Comment 18 Kristian Fiskerstrand (RETIRED) gentoo-dev 2015-06-28 14:12:18 UTC
GLSA Vote: No
Comment 19 Aaron W. Swenson gentoo-dev 2015-06-28 21:42:52 UTC
  28 Jun 2015; Aaron W. Swenson <titanofold@gentoo.org>
  -postgresql-9.0.19.ebuild, -postgresql-9.0.19-r1.ebuild,
  -postgresql-9.0.20.ebuild, -postgresql-9.1.15.ebuild,
  -postgresql-9.1.15-r1.ebuild, -postgresql-9.1.16.ebuild,
  -postgresql-9.2.10.ebuild, -postgresql-9.2.10-r1.ebuild,
  -postgresql-9.2.11.ebuild, -postgresql-9.3.6.ebuild,
  -postgresql-9.3.6-r1.ebuild, -postgresql-9.3.7.ebuild,
  -postgresql-9.4.1.ebuild, -postgresql-9.4.1-r1.ebuild,
  -postgresql-9.4.2.ebuild:
  Cleanup insecure and buggy versions.
Comment 20 Yury German Gentoo Infrastructure gentoo-dev 2015-06-29 21:13:48 UTC
Arches and Maintainer(s), Thank you for your work.

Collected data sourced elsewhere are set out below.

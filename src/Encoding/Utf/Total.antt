-- ===== src/Encoding/Utf/Total.antt =====
-- `encodeUtf` ends on every text, within the array that it reserves.
use capnp_import.Common.{
  ℕ, zero, suc, length, ◌+◌, ◌≤◌, ◌≡◌, List, [], ◌∷◌, Bool, false, Option, some, none, arith, refl,
  if◌then◌else◌,
}
use capnp_import.Encoding.Utf.{two_byte_unit, three_byte_unit, four_byte_char, surrogates}
use capnp_import.Common.{if_intro, ltb}
use capnp_import.Encoding.{EncodingResult, add, flag}
use capnp_import.Encoding.Utf.{
  CharType, char16_t, char32_t, Sequence, unit, char32, malformed, skip_continuations, continuation,
  read_sequence, finish_round, encode_utf_loop, encode_utf, two_byte_sequence, three_byte_sequence,
  four_byte_sequence,
}

rest_of : Sequence → List ℕ
rest_of (malformed text) = text
rest_of (unit u failed text) = text
rest_of (char32 u text) = text

units_of : CharType → Sequence → ℕ
units_of t (malformed text) = 1
units_of t (unit u failed text) = 1
units_of char16_t (char32 u text) = 2
units_of char32_t (char32 u text) = 1

-- The code units added are paid for by the bytes read.
IsPaid : CharType → ℕ → Sequence → Type 0
IsPaid t n s = length (rest_of s) + units_of t s ≤ n

continuation-IsPaid :
    (t : CharType) (n : ℕ) (text : List ℕ) (next : ℕ → List ℕ → Sequence)
    → length text + 1 ≤ n
    → ((c : ℕ) (rest : List ℕ) → length rest + 1 ≤ length text → IsPaid t n (next c rest))
    → IsPaid t n (continuation text next)
unfolding continuation IsPaid rest_of units_of
continuation-IsPaid char16_t n [] next h k = ground arith
continuation-IsPaid char32_t n [] next h k = ground arith
continuation-IsPaid char16_t n (c ∷ text) next h k = ground (arith, k c text (omega arith))
continuation-IsPaid char32_t n (c ∷ text) next h k = ground (arith, k c text (omega arith))

two_byte_sequence-IsPaid :
    (t : CharType) (n u : ℕ) (text : List ℕ)
    → length text + 1 ≤ n
    → IsPaid t n (two_byte_sequence u text)
unfolding two_byte_sequence IsPaid rest_of units_of
two_byte_sequence-IsPaid char16_t n u text h = ground arith
two_byte_sequence-IsPaid char32_t n u text h = ground arith

three_byte_sequence-IsPaid :
    (t : CharType) (n : ℕ) (back : Option ℕ) (u : ℕ) (text : List ℕ)
    → length text + 1 ≤ n
    → IsPaid t n (three_byte_sequence back u text)
unfolding three_byte_sequence IsPaid rest_of units_of
three_byte_sequence-IsPaid char16_t n back u text h = ground arith
three_byte_sequence-IsPaid char32_t n back u text h = ground arith

four_byte_sequence-IsPaid :
    (t : CharType) (n u : ℕ) (text : List ℕ)
    → length text + 2 ≤ n
    → IsPaid t n (four_byte_sequence u text)
unfolding four_byte_sequence IsPaid rest_of units_of
four_byte_sequence-IsPaid char16_t n u text h = ground arith
four_byte_sequence-IsPaid char32_t n u text h = ground arith

one_unit-IsPaid :
    (t : CharType) (c : ℕ) (text : List ℕ)
    → IsPaid t (length text + 1) (unit c false text) × IsPaid t (length text + 1) (malformed text)
unfolding IsPaid rest_of units_of
one_unit-IsPaid char16_t c text = omega arith
one_unit-IsPaid char32_t c text = omega arith

read_sequence-IsPaid :
    (t : CharType) (back : Option ℕ) (c : ℕ) (text : List ℕ)
    → IsPaid t (length text + 1) (read_sequence back c text)
unfolding read_sequence
read_sequence-IsPaid t back c text =
    let (plain, bad) = one_unit-IsPaid t c text in
    if_intro (IsPaid t n) (ltb c 0x80) _ _ plain (
      if_intro (IsPaid t n) (ltb c 0xc0) _ _ bad (
        if_intro (IsPaid t n) (ltb c 0xe0) _ _ two (
          if_intro (IsPaid t n) (ltb c 0xf0) _ _ three
            (if_intro (IsPaid t n) (ltb c 0xf8) _ _ four bad))))
  where
    n : ℕ
    n = length text + 1

    two : IsPaid t n (continuation text (λ c2 text2. two_byte_sequence (two_byte_unit c c2) text2))
    two =
        continuation-IsPaid t n text _ (omega arith)
          λ c2 text2 h2. two_byte_sequence-IsPaid t n (two_byte_unit c c2) text2 (omega arith)

    three : IsPaid t n (
        continuation text (λ c2 text2.
          continuation text2
            (λ c3 text3. three_byte_sequence back (three_byte_unit c c2 c3) text3)))
    three = continuation-IsPaid t n text _ (omega arith) λ c2 text2 h2.
        continuation-IsPaid t n text2 _ (omega arith) λ c3 text3 h3.
          three_byte_sequence-IsPaid t n back (three_byte_unit c c2 c3) text3 (omega arith)

    four : IsPaid t n (
        continuation text (λ c2 text2. continuation text2 (λ c3 text3.
          continuation text3 (λ c4 text4. four_byte_sequence (four_byte_char c c2 c3 c4) text4))))
    four = continuation-IsPaid t n text _ (omega arith) λ c2 text2 h2.
        continuation-IsPaid t n text2 _ (omega arith) λ c3 text3 h3.
          continuation-IsPaid t n text3 _ (omega arith) λ c4 text4 h4.
            four_byte_sequence-IsPaid t n (four_byte_char c c2 c3 c4) text4 (omega arith)

skip_continuations-le : (text : List ℕ) → length (skip_continuations text) ≤ length text
unfolding skip_continuations
skip_continuations-le [] = omega arith
skip_continuations-le (c ∷ text) = ground (arith, skip_continuations-le text)

units-pos : (t : CharType) (s : Sequence) → 1 ≤ units_of t s
unfolding units_of
units-pos t (malformed text) = omega arith
units-pos t (unit u failed text) = omega arith
units-pos char16_t (char32 u text) = omega arith
units-pos char32_t (char32 u text) = omega arith

-- A result that is there, of at most `n` code units.
abbrev pub EndsWithin : ℕ → Option EncodingResult → Type 0
EndsWithin n o = (r : EncodingResult) × (o ≡ some r) × (length r.value ≤ n)

abbrev pub nul_units : Bool → ℕ
nul_units nul = if nul then 1 else 0

finish_round-EndsWithin :
    (t : CharType) (s : Sequence) (loop : Option ℕ → List ℕ → Option EncodingResult) (m k n : ℕ)
    → ((back : Option ℕ) (text : List ℕ)
        → length text ≤ m
        → EndsWithin (length text + k) (loop back text))
    → length (rest_of s) + units_of t s ≤ n
    → length (rest_of s) ≤ m
    → EndsWithin (n + k) (finish_round t s loop)
unfolding finish_round rest_of units_of
finish_round-EndsWithin t (malformed text) loop m k n h paid fuel =
    let skipped = skip_continuations-le text in
    let (r, e, small) = h (some 0xfffd) (skip_continuations text) (omega arith) in
    (flag (add 0xfffd r), rw e, omega arith)
finish_round-EndsWithin t (unit u failed text) loop m k n h paid fuel =
    let (r, e, small) = h (some u) text fuel in
    (if failed then flag (add u r) else add u r, rw e, ground arith)
finish_round-EndsWithin char32_t (char32 u text) loop m k n h paid fuel =
    let (r, e, small) = h (some u) text fuel in (add u r, rw e, omega arith)
finish_round-EndsWithin char16_t (char32 u text) loop m k n h paid fuel =
    let (high, low) = surrogates u in
    let (r, e, small) = h (some low) text fuel in (add high (add low r), rw e, omega arith)

encode_utf_loop-EndsWithin :
    (t : CharType) (nul : Bool) (fuel : ℕ) (back : Option ℕ) (text : List ℕ)
    → length text ≤ fuel
    → EndsWithin (length text + nul_units nul) (encode_utf_loop t nul fuel back text)
unfolding encode_utf_loop IsPaid
encode_utf_loop-EndsWithin t nul fuel back [] h = (_, refl, ground arith)
encode_utf_loop-EndsWithin t nul zero back (c ∷ text) h = absurd (omega arith)
encode_utf_loop-EndsWithin t nul (suc fuel) back (c ∷ text) h =
    let paid = read_sequence-IsPaid t back c text in
    let units = units-pos t (read_sequence back c text) in
    finish_round-EndsWithin t (read_sequence back c text) (encode_utf_loop t nul fuel) fuel
      (nul_units nul) (suc (length text))
      (λ b rest k. encode_utf_loop-EndsWithin t nul fuel b rest k) (omega arith) (omega arith)

-- On every text `encodeUtf16` and `encodeUtf32` end, and they add no more code units than the
-- vector that they reserve holds: one for each byte, and the NUL that is asked for.
pub encode_utf_total :
    (t : CharType) (text : List ℕ) (nul : Bool)
    → EndsWithin (length text + nul_units nul) (encode_utf t text nul)
unfolding encode_utf
encode_utf_total t text nul = encode_utf_loop-EndsWithin t nul (length text) none text (omega arith)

Comment 21 Sean Amoss (RETIRED) gentoo-dev Security 2015-07-12 12:37:20 UTC
It makes no sense to release a GLSA for bug 539018 and not include this, when this bug has the currently-stable versions in the tree. 

Added to existing GLSA draft.
Comment 22 GLSAMaker/CVETool Bot gentoo-dev 2015-07-18 13:02:22 UTC
This issue was resolved and addressed in
 GLSA 201507-20 at https://security.gentoo.org/glsa/201507-20
by GLSA coordinator Mikle Kolyada (Zlogene).